▸ Assigned task
Under no circumstances alter the records; copy each one exactly.

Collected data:
----------

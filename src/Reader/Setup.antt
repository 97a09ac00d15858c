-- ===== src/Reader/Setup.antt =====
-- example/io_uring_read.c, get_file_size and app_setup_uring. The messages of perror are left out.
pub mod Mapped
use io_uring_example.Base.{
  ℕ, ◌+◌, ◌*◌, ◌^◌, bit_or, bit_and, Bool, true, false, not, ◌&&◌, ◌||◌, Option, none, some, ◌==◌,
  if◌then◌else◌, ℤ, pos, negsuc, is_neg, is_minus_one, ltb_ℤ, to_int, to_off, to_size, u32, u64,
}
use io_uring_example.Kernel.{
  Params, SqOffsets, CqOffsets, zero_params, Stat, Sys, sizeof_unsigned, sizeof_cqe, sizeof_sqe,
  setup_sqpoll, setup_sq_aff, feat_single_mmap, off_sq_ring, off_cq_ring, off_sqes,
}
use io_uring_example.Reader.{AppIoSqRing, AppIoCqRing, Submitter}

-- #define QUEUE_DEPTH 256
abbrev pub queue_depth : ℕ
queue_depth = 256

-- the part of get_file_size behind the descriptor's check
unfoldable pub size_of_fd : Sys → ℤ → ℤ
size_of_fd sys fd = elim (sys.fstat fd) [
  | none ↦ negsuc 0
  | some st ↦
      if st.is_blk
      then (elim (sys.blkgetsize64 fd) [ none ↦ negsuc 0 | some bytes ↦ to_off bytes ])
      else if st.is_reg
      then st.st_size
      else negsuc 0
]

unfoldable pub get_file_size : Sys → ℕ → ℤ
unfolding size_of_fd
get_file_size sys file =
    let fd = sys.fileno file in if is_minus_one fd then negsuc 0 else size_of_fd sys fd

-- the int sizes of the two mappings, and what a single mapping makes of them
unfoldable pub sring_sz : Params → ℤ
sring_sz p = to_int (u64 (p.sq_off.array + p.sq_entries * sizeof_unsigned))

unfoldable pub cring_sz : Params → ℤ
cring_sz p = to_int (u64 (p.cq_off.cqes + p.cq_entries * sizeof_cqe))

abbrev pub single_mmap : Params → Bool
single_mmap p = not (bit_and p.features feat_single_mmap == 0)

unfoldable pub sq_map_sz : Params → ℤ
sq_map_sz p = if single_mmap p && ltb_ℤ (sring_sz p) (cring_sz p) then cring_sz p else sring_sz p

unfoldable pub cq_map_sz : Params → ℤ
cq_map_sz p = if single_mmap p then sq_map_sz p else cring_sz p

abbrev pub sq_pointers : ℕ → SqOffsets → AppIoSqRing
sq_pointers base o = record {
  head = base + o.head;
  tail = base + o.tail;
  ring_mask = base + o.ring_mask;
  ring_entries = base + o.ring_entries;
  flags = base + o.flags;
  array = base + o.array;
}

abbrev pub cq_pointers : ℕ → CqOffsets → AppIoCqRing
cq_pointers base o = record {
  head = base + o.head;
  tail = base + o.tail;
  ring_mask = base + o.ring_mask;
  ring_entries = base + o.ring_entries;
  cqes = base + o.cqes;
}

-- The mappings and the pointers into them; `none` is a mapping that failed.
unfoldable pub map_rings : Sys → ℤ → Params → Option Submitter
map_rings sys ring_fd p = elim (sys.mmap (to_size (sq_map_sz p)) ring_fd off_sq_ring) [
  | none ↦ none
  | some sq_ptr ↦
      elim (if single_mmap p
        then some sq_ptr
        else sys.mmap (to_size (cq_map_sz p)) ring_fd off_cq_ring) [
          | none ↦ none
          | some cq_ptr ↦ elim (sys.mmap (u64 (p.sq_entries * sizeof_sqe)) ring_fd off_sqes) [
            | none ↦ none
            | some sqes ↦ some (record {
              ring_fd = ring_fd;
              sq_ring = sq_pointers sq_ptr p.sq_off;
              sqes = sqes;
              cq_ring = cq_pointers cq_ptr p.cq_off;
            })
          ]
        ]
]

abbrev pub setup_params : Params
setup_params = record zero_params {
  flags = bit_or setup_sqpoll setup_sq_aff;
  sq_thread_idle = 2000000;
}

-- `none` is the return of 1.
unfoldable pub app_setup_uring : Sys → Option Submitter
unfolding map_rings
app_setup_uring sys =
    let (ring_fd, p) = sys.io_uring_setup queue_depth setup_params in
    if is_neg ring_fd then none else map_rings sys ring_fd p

----------

▸ Answer area
filename src/Reader/Setup.antt
repository 97a09ac00d15858c
-- ===== src/Reader/Setup.antt =====
-- example/io_uring_read.c, get_file_size and app_setup_uring. The messages of perror are left out.
pub mod Mapped
use io_uring_example.Base.{
  ℕ, ◌+◌, ◌*◌, ◌^◌, bit_or, bit_and, Bool, true, false, not, ◌&&◌, ◌||◌, Option, none, some, ◌==◌,
  if◌then◌else◌, ℤ, pos, negsuc, is_neg, is_minus_one, ltb_ℤ, to_int, to_off, to_size, u32, u64,
}
use io_uring_example.Kernel.{
  Params, SqOffsets, CqOffsets, zero_params, Stat, Sys, sizeof_unsigned, sizeof_cqe, sizeof_sqe,
  setup_sqpoll, setup_sq_aff, feat_single_mmap, off_sq_ring, off_cq_ring, off_sqes,
}
use io_uring_example.Reader.{AppIoSqRing, AppIoCqRing, Submitter}

-- #define QUEUE_DEPTH 256
abbrev pub queue_depth : ℕ
queue_depth = 256

-- the part of get_file_size behind the descriptor's check
unfoldable pub size_of_fd : Sys → ℤ → ℤ
size_of_fd sys fd = elim (sys.fstat fd) [
  | none ↦ negsuc 0
  | some st ↦
      if st.is_blk
      then (elim (sys.blkgetsize64 fd) [ none ↦ negsuc 0 | some bytes ↦ to_off bytes ])
      else if st.is_reg
      then st.st_size
      else negsuc 0
]

unfoldable pub get_file_size : Sys → ℕ → ℤ
unfolding size_of_fd
get_file_size sys file =
    let fd = sys.fileno file in if is_minus_one fd then negsuc 0 else size_of_fd sys fd

-- the int sizes of the two mappings, and what a single mapping makes of them
unfoldable pub sring_sz : Params → ℤ
sring_sz p = to_int (u64 (p.sq_off.array + p.sq_entries * sizeof_unsigned))

unfoldable pub cring_sz : Params → ℤ
cring_sz p = to_int (u64 (p.cq_off.cqes + p.cq_entries * sizeof_cqe))

abbrev pub single_mmap : Params → Bool
single_mmap p = not (bit_and p.features feat_single_mmap == 0)

unfoldable pub sq_map_sz : Params → ℤ
sq_map_sz p = if single_mmap p && ltb_ℤ (sring_sz p) (cring_sz p) then cring_sz p else sring_sz p

unfoldable pub cq_map_sz : Params → ℤ
cq_map_sz p = if single_mmap p then sq_map_sz p else cring_sz p

abbrev pub sq_pointers : ℕ → SqOffsets → AppIoSqRing
sq_pointers base o = record {
  head = base + o.head;
  tail = base + o.tail;
  ring_mask = base + o.ring_mask;
  ring_entries = base + o.ring_entries;
  flags = base + o.flags;
  array = base + o.array;
}

abbrev pub cq_pointers : ℕ → CqOffsets → AppIoCqRing
cq_pointers base o = record {
  head = base + o.head;
  tail = base + o.tail;
  ring_mask = base + o.ring_mask;
  ring_entries = base + o.ring_entries;
  cqes = base + o.cqes;
}

-- The mappings and the pointers into them; `none` is a mapping that failed.
unfoldable pub map_rings : Sys → ℤ → Params → Option Submitter
map_rings sys ring_fd p = elim (sys.mmap (to_size (sq_map_sz p)) ring_fd off_sq_ring) [
  | none ↦ none
  | some sq_ptr ↦
      elim (if single_mmap p
        then some sq_ptr
        else sys.mmap (to_size (cq_map_sz p)) ring_fd off_cq_ring) [
          | none ↦ none
          | some cq_ptr ↦ elim (sys.mmap (u64 (p.sq_entries * sizeof_sqe)) ring_fd off_sqes) [
            | none ↦ none
            | some sqes ↦ some (record {
              ring_fd = ring_fd;
              sq_ring = sq_pointers sq_ptr p.sq_off;
              sqes = sqes;
              cq_ring = cq_pointers cq_ptr p.cq_off;
            })
          ]
        ]
]

abbrev pub setup_params : Params
setup_params = record zero_params {
  flags = bit_or setup_sqpoll setup_sq_aff;
  sq_thread_idle = 2000000;
}

-- `none` is the return of 1.
unfoldable pub app_setup_uring : Sys → Option Submitter
unfolding map_rings
app_setup_uring sys =
    let (ring_fd, p) = sys.io_uring_setup queue_depth setup_params in
    if is_neg ring_fd then none else map_rings sys ring_fd p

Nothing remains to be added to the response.